Durant cette période, il s’empare de Goma et de nombre de territoires du Nord-Kivu jusqu’à ce qu’il soit contraint, sous la pression de la communauté internationale et suite à un accord conclu via la médiation des pays des Grands Lacs de quitter la ville et d’entamer des négociations avec le gouvernement congolais. Ce dialogue, dont on constate vite l’échec, conduit finalement à une action militaire conjointe des FARDC et de l’ONU à l’automne 2013 pour vaincre le M23, entraînant la fuite des combattants vers le Rwanda et l’Ouganda.
Vaincu, le M23 décide de rendre les armes et de mettre définitivement un terme à la rébellion le 5 novembre 2013. Ses troupes sont désarmées et transférées dans des camps en Ouganda et, le 12 décembre, un accord de paix est signé à Nairobi mettant officiellement fin à la rébellion.
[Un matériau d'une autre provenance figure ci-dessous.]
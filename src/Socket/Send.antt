-- ===== src/Socket/Send.antt =====
-- `socket_send` ends, and on success it has queued exactly the bytes that it was given.
use dcn1003_group.Base.{
  ℕ, zero, suc, ◌+◌, ◌-◌, ◌≤◌, ◌<◌, ◌^◌, ◌≡◌, refl, ◌⊎◌, inl, inr, ◌++◌, append-nil, append_assoc,
  arith, ltb, Bool-cases, Bytes, length, take, drop, drop_all, drop-drop, take-append-drop, sym, ap,
  ◌∙◌,
}
use dcn1003_group.Base.Int.{ℤ, pos, negsuc}
use dcn1003_group.Error.{ErrorCode, ErrorInfo}
use dcn1003_group.Platform.{Platform, Stream}
use dcn1003_group.Socket.{to_int, after_send, send_loop, socket_send}

pub to_int_small : (n : ℕ) → n < 2 ^ 31 → to_int n ≡ pos n
unfolding to_int
to_int_small n h = ground arith

-- `err.e` of a socket operation that ended: the two codes that the code returns.
abbrev pub IsEnd : ErrorInfo → Type 0
IsEnd err = (err.e ≡ ErrorCode.success) ⊎ (err.e ≡ ErrorCode.socket_err)

module _ (p : Platform) (s : ℕ) where
  after_send_ends :
      (loop : ℕ → p.Net → ErrorInfo × p.Net) (total : ℕ) (r : ℤ × p.Net)
      → ((t : ℕ) (n : p.Net) → total < t → IsEnd (loop t n).0)
      → IsEnd (after_send p s loop total r).0
  unfolding after_send
  after_send_ends loop total (pos zero, n') h = inr refl
  after_send_ends loop total (pos (suc k), n') h = h (total + suc k) n' (omega arith)
  after_send_ends loop total (negsuc k, n') h = inr refl

  send_loop_ends :
      (fuel : ℕ) (d : Bytes) (total : ℕ) (n : p.Net)
      → length d - total < fuel
      → IsEnd (send_loop p s fuel d total n).0
  unfolding send_loop
  send_loop_ends zero d total n h = elim h [ ]
  send_loop_ends (suc fuel) d total n h = elim (Bool-cases (ltb total (length d))) [
    | inr done ↦ rw done (inl refl)
    | inl more ↦ rw more (
        after_send_ends (send_loop p s fuel d) total _
          (λ t n' lt. send_loop_ends fuel d t n' (ground arith)))
  ]

  -- Whatever the operating system answers, `socket_send` ends, with success or with SOCKET_ERR.
  pub socket_send_ends : (d : Bytes) (n : p.Net) → IsEnd (socket_send p s d n).0
  unfolding socket_send
  socket_send_ends d n = send_loop_ends (suc (length d)) d 0 n (omega arith)

module _ (p : Platform) (s : ℕ) (stream : Stream p s) where
  queued_part :
      (d x y : Bytes) (total k : ℕ)
      → y ≡ x ++ take k (drop total d)
      → y ++ drop (total + k) d ≡ x ++ drop total d
  queued_part d x y total k e = rw e (
      append_assoc x (take k (drop total d)) (drop (total + k) d)
      ∙ ap (λ rest. x ++ rest) (rw (← drop-drop total k d) (take-append-drop k (drop total d))))

  after_send_queues :
      (loop : ℕ → p.Net → ErrorInfo × p.Net) (d : Bytes) (total : ℕ) (n : p.Net) (r : ℤ × p.Net)
      → length d < 2 ^ 31
      → total < length d
      → p.send s (drop total d) (to_int (length d - total)) n ≡ r
      → ((t : ℕ) (n' : p.Net)
          → t ≤ length d
          → (loop t n').0.e ≡ ErrorCode.success
          → stream.sent (loop t n').1 ≡ stream.sent n' ++ drop t d)
      → (after_send p s loop total r).0.e ≡ ErrorCode.success
      → stream.sent (after_send p s loop total r).1 ≡ stream.sent n ++ drop total d
  unfolding after_send
  after_send_queues loop d total n (pos zero, n') small more e ih h = cc
  after_send_queues loop d total n (negsuc k, n') small more e ih h = cc
  after_send_queues loop d total n (pos (suc k), n') small more e ih h =
      let (fits, grown) =
        stream.send_queues (drop total d) (length d - total) k n n'
          (rw (to_int_small (length d - total) (omega arith)) at e) in
      ih (total + suc k) n' (omega arith) h
      ∙ queued_part d (stream.sent n) (stream.sent n') total (suc k) grown

  send_loop_queues :
      (fuel : ℕ) (d : Bytes) (total : ℕ) (n : p.Net)
      → length d < 2 ^ 31
      → total ≤ length d
      → (send_loop p s fuel d total n).0.e ≡ ErrorCode.success
      → stream.sent (send_loop p s fuel d total n).1 ≡ stream.sent n ++ drop total d
  unfolding send_loop
  send_loop_queues zero d total n small bound h = cc
  send_loop_queues (suc fuel) d total n small bound h = elim (Bool-cases (ltb total (length d))) [
    | inr done ↦ rw (done, drop_all total d (ground arith)) (sym (append-nil (stream.sent n)))
    | inl more ↦ rw more (
        after_send_queues (send_loop p s fuel d) d total n _ small (ground arith) refl
          (λ t n' le ok. send_loop_queues fuel d t n' small le ok) (rw more at h))
  ]

  -- A successful `socket_send` of less than 2^31 bytes has queued exactly these bytes, in order.
  pub socket_send_queues :
      (d : Bytes) (n : p.Net)
      → length d < 2 ^ 31
      → (socket_send p s d n).0.e ≡ ErrorCode.success
      → stream.sent (socket_send p s d n).1 ≡ stream.sent n ++ d
  unfolding socket_send
  socket_send_queues d n small h = send_loop_queues (suc (length d)) d 0 n small (omega arith) h

-- What no call of `send` changes, `socket_send` does not change.
module _ (p : Platform) (s : ℕ) (view : p.Net → Bytes)
    (fixed : (d : Bytes) (len : ℤ) (n : p.Net) → view (p.send s d len n).1 ≡ view n) where
  after_send_keeps :
      (loop : ℕ → p.Net → ErrorInfo × p.Net) (total : ℕ) (r : ℤ × p.Net)
      → ((t : ℕ) (n : p.Net) → view (loop t n).1 ≡ view n)
      → view (after_send p s loop total r).1 ≡ view r.1
  unfolding after_send
  after_send_keeps loop total (pos zero, n') keeps = refl
  after_send_keeps loop total (pos (suc k), n') keeps = keeps (total + suc k) n'
  after_send_keeps loop total (negsuc k, n') keeps = refl

  send_loop_keeps :
      (fuel : ℕ) (d : Bytes) (total : ℕ) (n : p.Net)
      → view (send_loop p s fuel d total n).1 ≡ view n
  unfolding send_loop
  send_loop_keeps zero d total n = refl
  send_loop_keeps (suc fuel) d total n = elim (Bool-cases (ltb total (length d))) [
    | inr done ↦ rw done refl
    | inl more ↦ rw more (
        after_send_keeps (send_loop p s fuel d) total _ (λ t n'. send_loop_keeps fuel d t n')
        ∙ fixed (drop total d) (to_int (length d - total)) n)
  ]

  pub socket_send_keeps : (d : Bytes) (n : p.Net) → view (socket_send p s d n).1 ≡ view n
  unfolding socket_send
  socket_send_keeps d n = send_loop_keeps (suc (length d)) d 0 n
Pendant plus ou moins 10 ans, le M23 est resté un « agent dormant » des ambitions de Kagame jusqu’à la fin de l’année 2021, lorsque le groupe renouvèle ses attaques. En mars 2022, il prend le contrôle de vastes parties du territoire de Rutshuru, puis enchaîne avec le raid sur la base militaire de Rumangabo en mai 2022 et la prise de la ville frontalière de Bunagana en juin.
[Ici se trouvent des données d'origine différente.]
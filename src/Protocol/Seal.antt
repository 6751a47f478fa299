-- ===== src/Protocol/Seal.antt =====
-- What `send_data` puts on the connection, and that `open_frame` opens it again.
use dcn1003_group.Base.{
  ℕ, ◌<◌, ◌^◌, ◌≡◌, sym, ap, ◌∙◌, true, false, ◌++◌, append_assoc, arith, ==_iff, Bytes,
  bytes_eq_self, is_empty, length,
}
use dcn1003_group.Error.{ErrorCode, ErrorInfo}
use dcn1003_group.Platform.{Platform, Stream, Ciphers}
use dcn1003_group.Socket.{socket_send}
use dcn1003_group.Socket.Send.{socket_send_queues}
use dcn1003_group.Crypto.{key_size, aes_encrypt, aes_decrypt, iv_gen, compute_hmac}
use dcn1003_group.Protocol.Header.{FitsHeader}
use dcn1003_group.Protocol.{
  MsgHeader, Process, header_bytes, header_for, send_frame, send_data, open_frame, parsed,
  body_sent, header_sent,
}

module _ (p : Platform) where
  abbrev Parts : Bytes → Bytes → Bytes → Type 0
  Parts text key iv =
      (front : Bytes) × (tail : Bytes) × (c1 : p.Cipher) × (c2 : p.Cipher) × (c3 : p.Cipher)
      × (p.encrypt_init key iv p.cipher_new ≡ (true, c1))
      × (p.encrypt_update text c1 ≡ (true, front, c2))
      × (p.encrypt_final c2 ≡ (true, tail, c3))
      × (aes_encrypt p text key iv ≡ front ++ tail)

  -- A ciphertext that is not empty comes from three calls that succeeded.
  encrypted-Parts :
      (text key iv : Bytes) → is_empty (aes_encrypt p text key iv) ≡ false → Parts text key iv
  unfolding aes_encrypt is_empty
  encrypted-Parts text key iv h =
      let (ok1, c1) = p.encrypt_init key iv p.cipher_new in
      let (ok2, front, c2) = p.encrypt_update text c1 in
      let (ok3, tail, c3) = p.encrypt_final c2 in
      (front, tail, c1, c2, c3, ground arith, ground arith, ground arith, ground arith)

module _ (p : Platform) (laws : Ciphers p) where
  -- Decryption undoes every encryption that did not fail.
  pub aes_decrypt-aes_encrypt :
      (text key iv : Bytes)
      → is_empty (aes_encrypt p text key iv) ≡ false
      → aes_decrypt p (aes_encrypt p text key iv) key iv ≡ text
  unfolding aes_decrypt
  aes_decrypt-aes_encrypt text key iv h =
      let (front, tail, c1, c2, c3, e1, e2, e3, whole) = encrypted-Parts p text key iv h in
      let (d1, d2, d3, front', tail', f1, f2, f3, plain) =
        laws.decrypts key iv text front tail c1 c2 c3 e1 e2 e3 in
      rw (whole, f1, f2, f3) plain

module _ (p : Platform) where
  -- The choices of `send_data`.
  abbrev pub iv_of : Process p → Bytes
  iv_of h = (p.rand_bytes 16 h.rng).1

  abbrev pub ciphertext_of : Bytes → Process p → Bytes
  ciphertext_of text h = aes_encrypt p text h.key (iv_of h)

  abbrev pub header_of_text : Bytes → Process p → MsgHeader
  header_of_text text h = header_for (ciphertext_of text h) (iv_of h) (p.mac h.key text)

module _ (p : Platform) (s : ℕ) where
  -- What a successful `send_data` has established.
  pub record Sealed (text : Bytes) (h : Process p) : Type 0 where
    pub mac_size : length (p.mac h.key text) ≡ key_size
    pub random : (p.rand_bytes 16 h.rng).0 ≡ true
    pub encrypted : is_empty (ciphertext_of p text h) ≡ false
    pub framed :
        send_data p s text h
        ≡ send_frame p s
            (header_of_text p text h)
            (ciphertext_of p text h)
            (record h { rng = (p.rand_bytes 16 h.rng).2 })

  pub send_data-Sealed :
      (text : Bytes) (h : Process p)
      → (send_data p s text h).0.e ≡ ErrorCode.success
      → Sealed text h
  unfolding send_data compute_hmac iv_gen
  send_data-Sealed text h ok = ground arith

module _ (p : Platform) (s : ℕ) (laws : Ciphers p) where
  pub header_of_text-FitsHeader :
      (text : Bytes) (h : Process p) → Sealed p s text h → FitsHeader (header_of_text p text h)
  header_of_text-FitsHeader text h sealed = record {
    version = omega arith;
    body_len = omega arith;
    iv =
        laws.rand_fills 16 (iv_of p h) h.rng (p.rand_bytes 16 h.rng).2
          (ap (λ ok. (ok, (p.rand_bytes 16 h.rng).1, (p.rand_bytes 16 h.rng).2)) sealed.random);
    mac = sealed.mac_size;
  }

  -- A frame that `send_data` has put together is opened, under the same key, to the same text.
  pub open_frame-Sealed :
      (text : Bytes) (h : Process p)
      → Sealed p s text h
      → is_empty text ≡ false
      → open_frame p h.key (header_of_text p text h) (ciphertext_of p text h)
        ≡ parsed (p.parse text)
  unfolding open_frame compute_hmac
  open_frame-Sealed text h sealed filled = rw (
    aes_decrypt-aes_encrypt p laws text h.key (iv_of p h) sealed.encrypted,
    filled,
    (==_iff _ key_size).1 sealed.mac_size,
    bytes_eq_self,
  )

module _ (p : Platform) (s : ℕ) (stream : Stream p s) where
  body_sent_success :
      (r : ErrorInfo × p.Net) (h : Process p)
      → (body_sent p s r h).0.e ≡ ErrorCode.success
      → (r.0.e ≡ ErrorCode.success) × ((body_sent p s r h).1.net ≡ r.1)
  body_sent_success r h ok = ground arith

  header_sent_success :
      (ciphertext : Bytes) (r : ErrorInfo × p.Net) (h : Process p)
      → (header_sent p s ciphertext r h).0.e ≡ ErrorCode.success
      → (r.0.e ≡ ErrorCode.success)
        × (header_sent p s ciphertext r h ≡ body_sent p s (socket_send p s ciphertext r.1) h)
  header_sent_success ciphertext r h ok = ground arith

  -- Both sends of a frame succeeded, so the stream has its header and then its body.
  pub send_frame_queues :
      (header : MsgHeader) (ciphertext : Bytes) (h : Process p)
      → length (header_bytes header) < 2 ^ 31
      → length ciphertext < 2 ^ 31
      → (send_frame p s header ciphertext h).0.e ≡ ErrorCode.success
      → stream.sent (send_frame p s header ciphertext h).1.net
        ≡ stream.sent h.net ++ (header_bytes header ++ ciphertext)
  unfolding send_frame
  send_frame_queues header ciphertext h small small' ok =
      let r1 = socket_send p s (header_bytes header) h.net in
      let r2 = socket_send p s ciphertext r1.1 in
      let (ok1, same) = header_sent_success ciphertext r1 h ok in
      let (ok2, last) =
        body_sent_success r2 h (ap (λ (r : ErrorInfo × Process p). r.0.e) (sym same) ∙ ok) in
      ap (λ (r : ErrorInfo × Process p). stream.sent r.1.net) same
      ∙ ap stream.sent last
      ∙ socket_send_queues p s stream ciphertext r1.1 small' ok2
      ∙ ap (λ front. front ++ ciphertext)
          (socket_send_queues p s stream (header_bytes header) h.net small ok1)
      ∙ append_assoc (stream.sent h.net) (header_bytes header) ciphertext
La première attaque a permis au M23 de mettre la main sur un stock d’armes de qualité, la seconde opération a permis au M23 d’augmenter son volume de revenus grâce à la taxation illégale du commerce frontalier. Fin novembre 2022, le M23 s’est également emparé des groupements stratégiques de Kibumba et Buhumba, dans le territoire de Rutshuru.

Les leçons de l’Histoire

Ce gain de territoire leur a donné la possibilité de couper la Route nationale 2, un des axes majeurs d’accès à Goma, leur permettant de contrôler les approvisionnements de la ville, première étape d’une reconquête de la ville.Aujourd’hui les combats font rage dans l’ensemble du Kivu. D’un côté les FARDC (Forces armées de la République démocratiques du Congo) et leurs supplétifs du groupe d’autodéfense les Wazalendo, de l’autre le M23 soutenu militairement principalement par le Rwanda mais également par l’Ouganda qui profite du marasme et de l’instabilité de la sous-région pour avancer ses pions et procéder à des modifications de frontières en sa faveur entre autres.
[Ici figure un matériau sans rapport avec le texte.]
-- ===== src/Socket/Receive.antt =====
-- `socket_recv` ends, and on success it has taken exactly the requested number of bytes.
use dcn1003_group.Base.{
  ℕ, zero, suc, ◌+◌, ◌-◌, ◌≤◌, ◌<◌, ◌^◌, ◌≡◌, refl, sym, ap, ◌∙◌, inl, inr, ◌≢◌, [], ◌∷◌, ◌++◌,
  append_assoc, arith, ltb, Bool-cases, Bytes, length, length-append, append_split,
}
use dcn1003_group.Base.Int.{ℤ, pos, negsuc}
use dcn1003_group.Error.{ErrorCode, ErrorInfo}
use dcn1003_group.Platform.{Platform, Stream, IsOpen}
use dcn1003_group.Socket.{to_int, after_recv, recv_loop, socket_recv}
use dcn1003_group.Socket.Send.{to_int_small, IsEnd}

module _ (p : Platform) (s : ℕ) where
  after_recv_ends :
      (loop : ℕ → Bytes → p.Net → ErrorInfo × Bytes × p.Net) (total : ℕ) (buffer : Bytes)
      (r : ℤ × Bytes × p.Net)
      → ((t : ℕ) (b : Bytes) (n : p.Net) → total < t → IsEnd (loop t b n).0)
      → IsEnd (after_recv p s loop total buffer r).0
  unfolding after_recv
  after_recv_ends loop total buffer (pos zero, b, n') h = inr refl
  after_recv_ends loop total buffer (pos (suc k), b, n') h =
      h (total + suc k) (buffer ++ b) n' (omega arith)
  after_recv_ends loop total buffer (negsuc k, b, n') h = inr refl

  recv_loop_ends :
      (fuel len total : ℕ) (buffer : Bytes) (n : p.Net)
      → len - total < fuel
      → IsEnd (recv_loop p s fuel len total buffer n).0
  unfolding recv_loop
  recv_loop_ends zero len total buffer n h = elim h [ ]
  recv_loop_ends (suc fuel) len total buffer n h = elim (Bool-cases (ltb total len)) [
    | inr done ↦ rw done (inl refl)
    | inl more ↦ rw more (
        after_recv_ends (recv_loop p s fuel len) total buffer _
          (λ t b n' lt. recv_loop_ends fuel len t b n' (ground arith)))
  ]

  -- Whatever the operating system answers, `socket_recv` ends, with success or with SOCKET_ERR.
  pub socket_recv_ends : (len : ℕ) (n : p.Net) → IsEnd (socket_recv p s len n).0
  unfolding socket_recv
  socket_recv_ends len n = recv_loop_ends (suc len) len 0 [] n (omega arith)

-- The call took from the stream, whose rest was `before`, what the buffer got.
abbrev Took : (p : Platform) (s : ℕ) → Stream p s → ℕ → Bytes → Bytes × p.Net → Type 0
Took p s stream len before (buffer, n') =
    (before ≡ buffer ++ stream.coming n') × (length buffer ≡ len)

module _ (p : Platform) (s : ℕ) (stream : Stream p s) where
  -- What was received so far, `buffer`, and what is still to come make up the stream.
  after_recv_takes :
      (loop : ℕ → Bytes → p.Net → ErrorInfo × Bytes × p.Net) (len total : ℕ) (buffer : Bytes)
      (n : p.Net) (r : ℤ × Bytes × p.Net)
      → len < 2 ^ 31
      → total < len
      → length buffer ≡ total
      → p.recv s (to_int (len - total)) n ≡ r
      → ((t : ℕ) (b : Bytes) (n' : p.Net)
          → t ≤ len
          → length b ≡ t
          → (loop t b n').0.e ≡ ErrorCode.success
          → Took p s stream len (b ++ stream.coming n') ((loop t b n').1, (loop t b n').2))
      → (after_recv p s loop total buffer r).0.e ≡ ErrorCode.success
      → Took p s stream len
          (buffer ++ stream.coming n)
          ((after_recv p s loop total buffer r).1, (after_recv p s loop total buffer r).2)
  unfolding after_recv
  after_recv_takes loop len total buffer n (pos zero, b, n') small more held e ih h = cc
  after_recv_takes loop len total buffer n (negsuc k, b, n') small more held e ih h = cc
  after_recv_takes loop len total buffer n (pos (suc k), b, n') small more held e ih h =
      let (fits, size, taken) =
        stream.recv_takes (len - total) k b n n'
          (rw (to_int_small (len - total) (omega arith)) at e) in
      let (whole, full) =
        ih (total + suc k) (buffer ++ b) n' (omega arith) (omega (arith, length-append buffer b))
          h in
      (
        ap (λ rest. buffer ++ rest) taken ∙ sym (append_assoc buffer b (stream.coming n')) ∙ whole,
        full,
      )

  recv_loop_takes :
      (fuel len total : ℕ) (buffer : Bytes) (n : p.Net)
      → len < 2 ^ 31
      → total ≤ len
      → length buffer ≡ total
      → (recv_loop p s fuel len total buffer n).0.e ≡ ErrorCode.success
      → Took p s stream len
          (buffer ++ stream.coming n)
          ((recv_loop p s fuel len total buffer n).1, (recv_loop p s fuel len total buffer n).2)
  unfolding recv_loop
  recv_loop_takes zero len total buffer n small bound held h = cc
  recv_loop_takes (suc fuel) len total buffer n small bound held h =
      elim (Bool-cases (ltb total len)) [
        | inr done ↦ rw done (refl, ground arith)
        | inl more ↦ rw more (
            after_recv_takes (recv_loop p s fuel len) len total buffer n _ small (ground arith) held
              refl (λ t b n' le size ok. recv_loop_takes fuel len t b n' small le size ok)
              (rw more at h))
      ]

  -- A successful `socket_recv` of `len` bytes, less than 2^31, has taken exactly the first `len` bytes
  -- of what was to come, and its buffer holds them.
  pub socket_recv_takes :
      (len : ℕ) (n : p.Net)
      → len < 2 ^ 31
      → (socket_recv p s len n).0.e ≡ ErrorCode.success
      → (stream.coming n ≡ (socket_recv p s len n).1 ++ stream.coming (socket_recv p s len n).2)
        × (length (socket_recv p s len n).1 ≡ len)
  unfolding socket_recv
  socket_recv_takes len n small h = recv_loop_takes (suc len) len 0 [] n small (omega arith) refl h

module _ (p : Platform) (s : ℕ) (stream : Stream p s) (link : IsOpen p s stream) where
  -- `recv` as the loop calls it, while some of the bytes are wanted and to come.
  recv_some :
      (want : ℕ) (n : p.Net)
      → want < 2 ^ 31
      → 1 ≤ want
      → 1 ≤ length (stream.coming n)
      → (k : ℕ) × (b : Bytes) × (n' : p.Net) × (p.recv s (to_int want) n ≡ (pos (suc k), b, n'))
  recv_some zero n small w c = absurd (omega arith)
  recv_some (suc want) n small w c =
      rw (to_int_small (suc want) small) (link.recv_progress want n (not_empty (stream.coming n) c))
    where
      not_empty : (b : Bytes) → 1 ≤ length b → b ≢ []
      not_empty [] le = absurd (omega arith)
      not_empty (x ∷ b) le = λ e. cc

  recv_loop_succeeds :
      (fuel len total : ℕ) (buffer : Bytes) (n : p.Net)
      → len < 2 ^ 31
      → total ≤ len
      → len - total < fuel
      → len - total ≤ length (stream.coming n)
      → (recv_loop p s fuel len total buffer n).0.e ≡ ErrorCode.success
  unfolding recv_loop after_recv
  recv_loop_succeeds zero len total buffer n small bound fuelled enough = elim fuelled [ ]
  recv_loop_succeeds (suc fuel) len total buffer n small bound fuelled enough =
      elim (Bool-cases (ltb total len)) [
        | inr done ↦ rw done refl
        | inl more ↦
            (let (k, b, n', got) =
                recv_some (len - total) n (omega arith) (ground arith) (ground arith) in
              let (fits, size, taken) =
                stream.recv_takes (len - total) k b n n'
                  (rw (to_int_small (len - total) (omega arith)) at got) in
              rw (more, got)
                (recv_loop_succeeds fuel len (total + suc k) (buffer ++ b) n' small (omega arith)
                  (ground arith)
                  (omega (arith, ap length taken, length-append b (stream.coming n')))))
      ]

  -- On a connection in order, `socket_recv` succeeds once the bytes that it wants are to come.
  pub socket_recv_succeeds :
      (len : ℕ) (n : p.Net)
      → len < 2 ^ 31
      → len ≤ length (stream.coming n)
      → (socket_recv p s len n).0.e ≡ ErrorCode.success
  unfolding socket_recv
  socket_recv_succeeds len n small enough =
      recv_loop_succeeds (suc len) len 0 [] n small (omega arith) (omega arith) (omega arith)

  -- On a connection in order, `socket_recv` takes from the front of the stream.
  pub socket_recv_front :
      (len : ℕ) (n : p.Net) (x y : Bytes)
      → len < 2 ^ 31
      → length x ≡ len
      → stream.coming n ≡ x ++ y
      → ((socket_recv p s len n).0.e ≡ ErrorCode.success)
        × ((socket_recv p s len n).1 ≡ x)
        × (stream.coming (socket_recv p s len n).2 ≡ y)
  socket_recv_front len n x y small size e =
      let arrived : (socket_recv p s len n).0.e ≡ ErrorCode.success =
        socket_recv_succeeds len n small (omega (arith, ap length e, length-append x y)) in
      let (whole, full) = socket_recv_takes p s stream len n small arrived in
      let (front, rest) =
        append_split (socket_recv p s len n).1 (stream.coming (socket_recv p s len n).2) x y
          (full ∙ sym size) (sym whole ∙ e) in
      (arrived, front, rest)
La recrudescence des combats et l’avancée du M23 se sont aussi concrétisées par une nouvelle alliance avec l’AFC (Alliance du Fleuve Congo) de Corneille Nangaa, qui vient de conquérir Kanyabayonga, verrou clé pour la route du Nord-Kivu vers Butembo et Béni.
On dit souvent que l’histoire ne se répète pas mais dans le cas de la RDC, c’est hélas le cas. Le Rwanda souhaite un Congo affaibli et à sa botte. En novembre 1995, lors de la réunion à la Maison Blanche entre Anthony Lake, le National Security advisor du président Clinton, William Thom en charge de l’Afrique à la DIA, Richard Orth également DIA, Dan Simpson, nouvel ambassadeur des États-Unis au Zaïre, Shawn McCormick du National Security Council, le sort du Maréchal Mobutu fut scellé. Considéré comme n’étant plus le principal allié fiable des USA pour l’Afrique centrale, il fut décidé de le remplacer par Kigali comme pièce maitresse du dispositif américain dans la sous-région. Le Rwanda devenant alors le gendarme de la région et le faiseur de roi pour les américains.
À l’automne 1996, quand la rébellion de l’AFDL se met en route avec le soutien des États-Unis et du Rwanda pour renverser Mobutu, il y a quatre dirigeants dont Laurent-Désiré Kabila qui est le moins visible. Décrit par Che Guevara dans son journal sur ses expériences dans le maquis congolais comme un « noceur aimant trop les femmes et l’alcool », Mzee Kabila est considéré comme le moins important des leaders quand l’AFDL est formé à l’automne 1996. Cependant, suite à l’assassinat en janvier 1997 du général Kisase Ngandu, tombé dans une embuscade commanditée par le Rwanda car il refusait le oukase du président Kagame, Kabila cède à toutes les exigences du Rwanda : mainmise sur les ressources minières de l’Est et massacre libre des Hutus réfugiés, afin de devenir président.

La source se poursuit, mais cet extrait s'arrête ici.